Says British psychologist Tony Buzan: “At the moment a child is born it’s already really brilliant. It picks up language, much better than a doctor of philosophy in any subject, in only two years. And it is a master at it by three or four”.

Buzan says every child born, unless it has severe brain damage, is a budding genius. He demonstrates that early built-in urge to learn with a piece of paper. “Imagine I am now a three-month-old baby”, he smiles. “You’ve given me this piece of paper. You know it’s not going to last long. Now do I do it like this? (He mimes a small child looking passively at the paper and then ignoring it.) Or do I do it like this?” (He then tries to tear the paper, crumple it, rattle it, and even stuff it in his mouth.) “It’s obviously the second way. And what that little baby was doing was being a little Isaac Newton – the perfect scientist. What kind of musical instrument can I make from this material (shaking it)? What is the sociological, economic value of this material (putting it in his mouth)? Anybody want some (offering it around)? What is the engineering, mechanical, tensile strength of the material (pulling it apart)? Stick it in the chemical laboratory (chewing it)? Check the musical instrument – and on to the next experiment. Now the baby is using all of its brain. Logic? Yes. Analysis? Yes. Rhythm? Yes. Everything? Yes.”
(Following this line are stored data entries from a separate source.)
-- ===== src/Partition/Classification.antt =====
-- internal/state/partition.go: how `dispatch` sorts the batch that it read.
use mathlib.Core.List.{append_assoc, append-nil, map-append}
use cue.Base.{
  ◌≡◌, refl, sym, ap, ◌∙◌, inl, inr, Bool, false, not, ◌&&◌, List, [], ◌∷◌, ◌++◌, map, select,
  length, Option, none, some, if◌then◌else◌, done, Bool-cases,
}
use cue.Base.Int.{pos, leb_ℤ}
use cue.Model.{Job}
use cue.Queue.{JobRef}
use cue.Store.{JobStore, get}
use cue.Dlq
use cue.Dlq.{DeadLetter, buffered, to_uint32}
use cue.Partition.State.{PartitionConfig, Env}
use cue.Partition.Dispatch.{Classified, send_to_dlq, removing, sending, classify_one, classify}

-- The job is there, is not done, and has retries left.
abbrev pub sendable : PartitionConfig → JobRef → Option Job → Bool
sendable config ref none = false
sendable config ref (some job) = not job.is_done && not (leb_ℤ config.max_retries ref.retry_count)

-- The job is there, is not done, and has no retries left.
abbrev pub expired : PartitionConfig → JobRef → Option Job → Bool
expired config ref none = false
expired config ref (some job) = not job.is_done && leb_ℤ config.max_retries ref.retry_count

-- The job that a reference stands for.
abbrev pub job_of : JobStore → JobRef → Option Job
job_of js ref = get js (to_uint32 ref.index)

-- The jobs of the references that can be sent.
abbrev pub sent_job : PartitionConfig → JobRef → Option Job → List Job
sent_job config ref none = []
sent_job config ref (some job) = if sendable config ref (some job) then job ∷ [] else []

abbrev pub jobs_to_send : PartitionConfig → JobStore → List JobRef → List Job
jobs_to_send config js [] = []
jobs_to_send config js (ref ∷ refs) =
    sent_job config ref (job_of js ref) ++ jobs_to_send config js refs

-- What the loop makes of a batch.
pub record Sorted (config : PartitionConfig) (refs : List JobRef) (c c' : Classified) : Type 0 where
  pub store_same : c'.job_store ≡ c.job_store
  pub to_send :
      c'.valid_refs ≡ c.valid_refs ++ select (λ r. sendable config r (job_of c.job_store r)) refs
  pub jobs : c'.job_slice ≡ c.job_slice ++ jobs_to_send config c.job_store refs
  pub to_remove :
      c'.remove_refs
      ≡ c.remove_refs ++ select (λ r. not (sendable config r (job_of c.job_store r))) refs
  pub letters :
      map (λ d. d.ref) c'.dlq_buffer.jobs
      ≡ map (λ d. d.ref) c.dlq_buffer.jobs
        ++ select (λ r. expired config r (job_of c.job_store r)) refs

select_cons :
    (p : JobRef → Bool) (ref : JobRef) (refs : List JobRef)
    → select p (ref ∷ []) ++ select p refs ≡ select p (ref ∷ refs)
select_cons p ref refs = elim (Bool-cases (p ref)) [ inl e ↦ simp e refl | inr e ↦ simp e refl ]

jobs_to_send_cons :
    (config : PartitionConfig) (js : JobStore) (ref : JobRef) (refs : List JobRef)
    → jobs_to_send config js (ref ∷ []) ++ jobs_to_send config js refs
      ≡ jobs_to_send config js (ref ∷ refs)
jobs_to_send_cons config js ref refs =
    ap (λ l. l ++ jobs_to_send config js refs) (append-nil (sent_job config ref (job_of js ref)))

chain : {A : Type 0} (a b c x y z : List A) → b ≡ a ++ x → c ≡ b ++ y → x ++ y ≡ z → c ≡ a ++ z
chain a b c x y z e f g = f ∙ ap (λ l. l ++ y) e ∙ append_assoc a x y ∙ ap (λ l. a ++ l) g

Sorted-then :
    (config : PartitionConfig) (ref : JobRef) (refs : List JobRef) (c c1 c2 : Classified)
    → Sorted config (ref ∷ []) c c1
    → Sorted config refs c1 c2
    → Sorted config (ref ∷ refs) c c2
Sorted-then config ref refs c c1 c2 one rest = record {
  store_same = rest.store_same ∙ one.store_same;
  to_send =
      chain c.valid_refs c1.valid_refs c2.valid_refs _ _ _ one.to_send
        (rest.to_send
          ∙ ap (λ js. c1.valid_refs ++ select (λ r. sendable config r (job_of js r)) refs)
              one.store_same)
        (select_cons (λ r. sendable config r (job_of c.job_store r)) ref refs);
  jobs =
      chain c.job_slice c1.job_slice c2.job_slice _ _ _ one.jobs
        (rest.jobs ∙ ap (λ js. c1.job_slice ++ jobs_to_send config js refs) one.store_same)
        (jobs_to_send_cons config c.job_store ref refs);
  to_remove =
      chain c.remove_refs c1.remove_refs c2.remove_refs _ _ _ one.to_remove
        (rest.to_remove
          ∙ ap (λ js. c1.remove_refs ++ select (λ r. not (sendable config r (job_of js r))) refs)
              one.store_same)
        (select_cons (λ r. not (sendable config r (job_of c.job_store r))) ref refs);
  letters =
      chain (map (λ d. d.ref) c.dlq_buffer.jobs) (map (λ d. d.ref) c1.dlq_buffer.jobs)
        (map (λ d. d.ref) c2.dlq_buffer.jobs) _ _ _ one.letters
        (rest.letters
          ∙ ap
              (λ js.
                map (λ d. d.ref) c1.dlq_buffer.jobs
                ++ select (λ r. expired config r (job_of js r)) refs)
              one.store_same)
        (select_cons (λ r. expired config r (job_of c.job_store r)) ref refs);
}

classify_one-Sorted :
    (env : Env) (config : PartitionConfig) (ref : JobRef) (c : Classified) (o : Option Job)
    → job_of c.job_store ref ≡ o
    → (c1 : Classified) × (classify_one env config ref o c ≡ done c1)
      × Sorted config (ref ∷ []) c c1
unfolding classify_one send_to_dlq Dlq.add
classify_one-Sorted env config ref c none e = (
  removing c ref,
  refl,
  record {
    store_same = refl;
    to_send = rw e (sym (append-nil _));
    jobs = sym (ap (λ o. c.job_slice ++ (sent_job config ref o ++ [])) e ∙ append-nil c.job_slice);
    to_remove = rw e refl;
    letters = rw e (sym (append-nil _));
  },
)
classify_one-Sorted env config ref c (some job) e = elim (Bool-cases job.is_done) [
  | inl d ↦ (
    removing c ref,
    simp d refl,
    record {
      store_same = refl;
      to_send = rw e (simp d (sym (append-nil _)));
      jobs = sym (ap (λ o. c.job_slice ++ (sent_job config ref o ++ [])) e ∙ simp d (append-nil _));
      to_remove = rw e (simp d refl);
      letters = rw e (simp d (sym (append-nil _)));
    },
  )
  | inr d ↦ elim (Bool-cases (leb_ℤ config.max_retries ref.retry_count)) [
    | inl r ↦ (
      removing (record c { dlq_buffer = buffered c.dlq_buffer ref (pos (length job.bytes)) }) ref,
      simp (d, r) refl,
      record {
        store_same = refl;
        to_send = rw e (simp (d, r) (sym (append-nil _)));
        jobs =
            sym (
              ap (λ o. c.job_slice ++ (sent_job config ref o ++ [])) e
              ∙ simp (d, r) (append-nil _));
        to_remove = rw e (simp (d, r) refl);
        letters = rw e (
            simp (d, r)
              (map-append (λ (x : DeadLetter). x.ref) c.dlq_buffer.jobs
                (record { ref = ref; size = pos (length job.bytes) } ∷ [])));
      },
    )
    | inr r ↦ (
      sending c ref job,
      simp (d, r) refl,
      record {
        store_same = refl;
        to_send = rw e (simp (d, r) refl);
        jobs = sym (ap (λ o. c.job_slice ++ (sent_job config ref o ++ [])) e ∙ simp (d, r) refl);
        to_remove = rw e (simp (d, r) (sym (append-nil _)));
        letters = rw e (simp (d, r) (sym (append-nil _)));
      },
    )
  ]
]

-- The loop of `dispatch` over a batch puts each reference into exactly one of its two lists, in order:
-- into `validRefs`, with its job in the list to send, if the job is in the store, is not done, and has
-- retries left, and into `removeRefs` otherwise. Of the latter, those whose job is in the store and not
-- done, with its retries used up, are added to the buffer of dead letters, in order. The store does not
-- change, and nothing panics.
pub classify-Sorted :
    (env : Env) (config : PartitionConfig) (refs : List JobRef) (c : Classified)
    → (c' : Classified) × (classify env config refs c ≡ done c') × Sorted config refs c c'
unfolding classify
classify-Sorted env config [] c = (
  c,
  refl,
  record {
    store_same = refl;
    to_send = sym (append-nil _);
    jobs = sym (append-nil _);
    to_remove = sym (append-nil _);
    letters = sym (append-nil _);
  },
)
classify-Sorted env config (ref ∷ refs) c =
    let (c1, e, one) = classify_one-Sorted env config ref c (job_of c.job_store ref) refl in
    let (c2, f, rest) = classify-Sorted env config refs c1 in
    (c2, rw e f, Sorted-then config ref refs c c1 c2 one rest)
Scientists have tested this infant ability in many ways. In 1964, Benjamin S. Bloom, Professor of Education at the University of Chicago, published a summary of major research findings. In it, he studied five main human characteristics between birth and age 17 and 18: height, general learning ability, school achievement, aggressiveness in males and dependence in females.

Overwhelmingly, he found that development soared in the first few years – then tapered off. Generally it reached its halfway point before the fifth birthday. He found boys reached 54 percent of their maximum height by their third birthday, another 32 per cent between three and 12, and the last 14 percent by their 18th birthday.

He also concluded that among both girls and boys, about 50 percent of intelligence, as measured in tests at 17, took place between conception and age four, about 30 percent between four and eight, and the final 20 percent between the ages of eight and 17. Even researchers who question the validity of standardized intelligence tests would probably endorse this overall finding-so long as the words learning ability are substituted for intelligence.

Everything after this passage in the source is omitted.